Problem details:
From the listing below, copy out every line where the word "opted" appears.

[[ Dataset extract open ]]

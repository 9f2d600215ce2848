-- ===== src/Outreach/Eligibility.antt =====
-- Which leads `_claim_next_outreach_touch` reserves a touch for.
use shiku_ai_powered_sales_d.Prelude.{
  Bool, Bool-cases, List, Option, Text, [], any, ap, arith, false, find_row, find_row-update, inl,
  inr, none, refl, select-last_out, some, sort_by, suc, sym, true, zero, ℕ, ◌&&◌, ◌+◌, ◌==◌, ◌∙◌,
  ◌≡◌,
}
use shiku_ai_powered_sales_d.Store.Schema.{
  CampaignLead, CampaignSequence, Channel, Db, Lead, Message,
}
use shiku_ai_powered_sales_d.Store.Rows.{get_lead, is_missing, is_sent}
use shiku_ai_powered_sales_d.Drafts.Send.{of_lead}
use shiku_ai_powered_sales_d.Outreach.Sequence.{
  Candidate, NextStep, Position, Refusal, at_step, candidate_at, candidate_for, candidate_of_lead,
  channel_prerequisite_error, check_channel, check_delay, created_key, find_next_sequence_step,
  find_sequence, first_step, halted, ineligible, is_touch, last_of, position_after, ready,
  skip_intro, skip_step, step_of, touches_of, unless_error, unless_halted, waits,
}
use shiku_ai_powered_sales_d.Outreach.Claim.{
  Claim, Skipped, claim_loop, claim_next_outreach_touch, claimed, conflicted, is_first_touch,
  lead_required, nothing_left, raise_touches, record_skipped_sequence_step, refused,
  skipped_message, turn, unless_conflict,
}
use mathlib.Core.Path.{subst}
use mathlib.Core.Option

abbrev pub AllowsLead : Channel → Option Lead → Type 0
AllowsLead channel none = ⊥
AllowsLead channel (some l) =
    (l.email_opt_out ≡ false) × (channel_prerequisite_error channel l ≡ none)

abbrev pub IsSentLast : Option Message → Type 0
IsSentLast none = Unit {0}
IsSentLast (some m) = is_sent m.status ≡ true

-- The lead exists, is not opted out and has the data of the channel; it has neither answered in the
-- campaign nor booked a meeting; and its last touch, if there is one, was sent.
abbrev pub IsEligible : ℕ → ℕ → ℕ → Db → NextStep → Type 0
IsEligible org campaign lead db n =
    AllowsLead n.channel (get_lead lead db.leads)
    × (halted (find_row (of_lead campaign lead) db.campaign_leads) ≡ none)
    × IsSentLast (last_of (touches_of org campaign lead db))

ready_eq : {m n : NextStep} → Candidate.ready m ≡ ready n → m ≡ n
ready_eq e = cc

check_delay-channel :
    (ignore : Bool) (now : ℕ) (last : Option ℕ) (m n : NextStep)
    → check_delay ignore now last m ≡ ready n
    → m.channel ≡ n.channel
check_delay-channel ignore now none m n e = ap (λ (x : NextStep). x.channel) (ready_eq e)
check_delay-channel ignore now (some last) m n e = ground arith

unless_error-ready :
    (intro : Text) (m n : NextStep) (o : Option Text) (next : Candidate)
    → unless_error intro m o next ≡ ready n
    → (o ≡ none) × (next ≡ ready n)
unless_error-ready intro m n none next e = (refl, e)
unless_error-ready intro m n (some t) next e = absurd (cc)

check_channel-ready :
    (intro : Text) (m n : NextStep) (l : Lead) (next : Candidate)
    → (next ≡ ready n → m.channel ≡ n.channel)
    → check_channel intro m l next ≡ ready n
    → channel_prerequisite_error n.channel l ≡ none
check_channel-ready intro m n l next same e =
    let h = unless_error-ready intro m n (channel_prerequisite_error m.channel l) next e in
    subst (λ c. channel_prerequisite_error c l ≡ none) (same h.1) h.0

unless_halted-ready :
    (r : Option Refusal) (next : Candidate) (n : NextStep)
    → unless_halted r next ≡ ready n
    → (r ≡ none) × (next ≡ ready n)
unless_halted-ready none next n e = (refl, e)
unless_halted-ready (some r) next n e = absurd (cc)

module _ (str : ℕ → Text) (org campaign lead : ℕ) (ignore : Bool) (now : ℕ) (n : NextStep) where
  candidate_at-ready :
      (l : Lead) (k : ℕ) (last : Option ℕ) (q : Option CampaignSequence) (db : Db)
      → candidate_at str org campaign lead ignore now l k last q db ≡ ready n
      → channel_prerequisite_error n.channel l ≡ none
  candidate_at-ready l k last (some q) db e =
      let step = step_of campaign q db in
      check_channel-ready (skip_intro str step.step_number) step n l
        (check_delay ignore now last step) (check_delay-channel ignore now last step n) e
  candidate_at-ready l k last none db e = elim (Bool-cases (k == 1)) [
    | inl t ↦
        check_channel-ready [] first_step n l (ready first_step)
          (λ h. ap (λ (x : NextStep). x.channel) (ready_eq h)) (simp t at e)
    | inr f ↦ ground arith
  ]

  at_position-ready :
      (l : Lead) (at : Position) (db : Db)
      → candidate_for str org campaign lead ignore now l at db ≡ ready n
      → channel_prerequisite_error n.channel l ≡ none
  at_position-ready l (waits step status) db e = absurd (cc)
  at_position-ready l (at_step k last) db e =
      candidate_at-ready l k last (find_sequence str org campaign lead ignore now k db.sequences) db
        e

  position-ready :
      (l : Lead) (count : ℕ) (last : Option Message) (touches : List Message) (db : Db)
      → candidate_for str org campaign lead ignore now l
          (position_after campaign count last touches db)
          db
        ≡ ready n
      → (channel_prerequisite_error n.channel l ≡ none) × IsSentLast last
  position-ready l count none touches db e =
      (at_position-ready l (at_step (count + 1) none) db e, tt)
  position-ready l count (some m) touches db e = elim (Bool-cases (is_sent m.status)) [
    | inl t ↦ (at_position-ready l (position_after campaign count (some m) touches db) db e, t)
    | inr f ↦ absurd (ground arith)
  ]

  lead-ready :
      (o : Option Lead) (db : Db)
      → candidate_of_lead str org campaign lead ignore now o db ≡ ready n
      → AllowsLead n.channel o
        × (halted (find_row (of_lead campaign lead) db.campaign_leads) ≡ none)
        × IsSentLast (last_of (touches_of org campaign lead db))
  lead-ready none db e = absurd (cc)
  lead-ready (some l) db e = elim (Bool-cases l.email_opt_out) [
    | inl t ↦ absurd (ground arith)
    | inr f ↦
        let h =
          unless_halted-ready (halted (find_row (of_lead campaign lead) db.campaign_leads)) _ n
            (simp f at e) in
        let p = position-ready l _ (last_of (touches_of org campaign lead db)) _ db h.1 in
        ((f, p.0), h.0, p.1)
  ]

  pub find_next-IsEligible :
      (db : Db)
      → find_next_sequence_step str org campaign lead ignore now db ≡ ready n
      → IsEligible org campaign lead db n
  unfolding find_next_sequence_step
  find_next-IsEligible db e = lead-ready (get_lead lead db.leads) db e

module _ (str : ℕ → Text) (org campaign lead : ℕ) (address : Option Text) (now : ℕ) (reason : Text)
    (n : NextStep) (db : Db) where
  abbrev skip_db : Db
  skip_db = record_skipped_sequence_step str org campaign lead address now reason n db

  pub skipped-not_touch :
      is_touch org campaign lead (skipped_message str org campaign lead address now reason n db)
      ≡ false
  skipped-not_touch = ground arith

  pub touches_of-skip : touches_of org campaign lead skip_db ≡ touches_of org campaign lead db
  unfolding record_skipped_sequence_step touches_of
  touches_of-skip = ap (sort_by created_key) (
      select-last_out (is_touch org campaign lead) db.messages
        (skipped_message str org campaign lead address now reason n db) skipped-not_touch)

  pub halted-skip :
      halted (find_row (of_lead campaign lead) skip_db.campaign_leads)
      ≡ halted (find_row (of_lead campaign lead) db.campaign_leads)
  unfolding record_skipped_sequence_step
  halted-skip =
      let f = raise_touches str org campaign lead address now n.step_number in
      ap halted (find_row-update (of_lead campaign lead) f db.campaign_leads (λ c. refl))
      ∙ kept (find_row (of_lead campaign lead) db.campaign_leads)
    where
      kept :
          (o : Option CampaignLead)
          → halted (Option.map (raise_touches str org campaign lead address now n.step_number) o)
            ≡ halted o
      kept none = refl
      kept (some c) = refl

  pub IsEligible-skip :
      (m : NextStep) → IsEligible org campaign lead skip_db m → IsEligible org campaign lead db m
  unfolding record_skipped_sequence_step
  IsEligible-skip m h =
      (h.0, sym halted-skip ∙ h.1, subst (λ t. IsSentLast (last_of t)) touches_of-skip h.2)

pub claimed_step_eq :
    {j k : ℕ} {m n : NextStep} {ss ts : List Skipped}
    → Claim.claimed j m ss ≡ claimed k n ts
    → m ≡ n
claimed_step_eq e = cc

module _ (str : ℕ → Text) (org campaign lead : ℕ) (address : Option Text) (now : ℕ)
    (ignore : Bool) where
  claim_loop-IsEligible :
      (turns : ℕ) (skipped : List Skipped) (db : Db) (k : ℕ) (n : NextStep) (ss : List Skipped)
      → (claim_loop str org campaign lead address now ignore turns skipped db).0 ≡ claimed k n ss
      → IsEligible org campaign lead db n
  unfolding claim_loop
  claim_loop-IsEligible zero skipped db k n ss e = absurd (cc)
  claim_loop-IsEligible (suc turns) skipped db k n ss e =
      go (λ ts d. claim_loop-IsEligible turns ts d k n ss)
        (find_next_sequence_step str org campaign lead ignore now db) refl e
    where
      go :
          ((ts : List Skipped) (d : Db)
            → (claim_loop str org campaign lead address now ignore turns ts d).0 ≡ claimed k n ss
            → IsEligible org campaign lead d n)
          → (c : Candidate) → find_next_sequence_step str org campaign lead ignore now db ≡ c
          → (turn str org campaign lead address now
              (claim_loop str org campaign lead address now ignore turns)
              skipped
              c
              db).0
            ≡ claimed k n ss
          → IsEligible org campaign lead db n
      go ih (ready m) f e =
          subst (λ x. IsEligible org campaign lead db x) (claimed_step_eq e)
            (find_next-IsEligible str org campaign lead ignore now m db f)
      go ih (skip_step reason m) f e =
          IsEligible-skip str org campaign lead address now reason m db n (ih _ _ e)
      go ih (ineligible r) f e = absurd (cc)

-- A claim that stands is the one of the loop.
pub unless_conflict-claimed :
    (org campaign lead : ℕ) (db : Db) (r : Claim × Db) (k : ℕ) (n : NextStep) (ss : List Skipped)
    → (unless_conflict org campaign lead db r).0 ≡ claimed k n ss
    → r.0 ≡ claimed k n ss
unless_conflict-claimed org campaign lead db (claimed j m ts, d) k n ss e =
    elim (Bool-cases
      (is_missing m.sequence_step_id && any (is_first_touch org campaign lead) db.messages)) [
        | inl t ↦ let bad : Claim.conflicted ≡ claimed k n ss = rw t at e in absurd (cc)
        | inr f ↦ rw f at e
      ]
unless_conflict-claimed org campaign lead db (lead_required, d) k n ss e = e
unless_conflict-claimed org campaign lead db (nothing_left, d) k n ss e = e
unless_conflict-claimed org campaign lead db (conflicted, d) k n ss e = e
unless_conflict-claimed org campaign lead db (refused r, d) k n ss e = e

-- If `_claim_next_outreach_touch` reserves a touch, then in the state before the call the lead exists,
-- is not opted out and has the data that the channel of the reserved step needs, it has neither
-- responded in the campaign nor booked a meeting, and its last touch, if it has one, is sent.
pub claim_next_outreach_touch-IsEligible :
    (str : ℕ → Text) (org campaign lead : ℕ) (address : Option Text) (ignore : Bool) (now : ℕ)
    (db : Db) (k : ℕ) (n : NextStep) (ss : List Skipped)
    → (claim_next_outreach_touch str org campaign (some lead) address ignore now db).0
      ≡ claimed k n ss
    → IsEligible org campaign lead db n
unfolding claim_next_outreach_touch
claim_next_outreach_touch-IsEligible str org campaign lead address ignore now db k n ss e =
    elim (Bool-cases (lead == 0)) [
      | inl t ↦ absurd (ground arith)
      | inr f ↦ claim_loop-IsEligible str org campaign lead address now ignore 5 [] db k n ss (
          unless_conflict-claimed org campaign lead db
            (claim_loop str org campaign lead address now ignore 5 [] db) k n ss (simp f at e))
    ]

[[ Dataset extract closed ]]

Written solution:
-- The lead exists, is not opted out and has the data of the channel; it has neither answered in the
-- is not opted out and has the data that the channel of the reserved step needs, it has neither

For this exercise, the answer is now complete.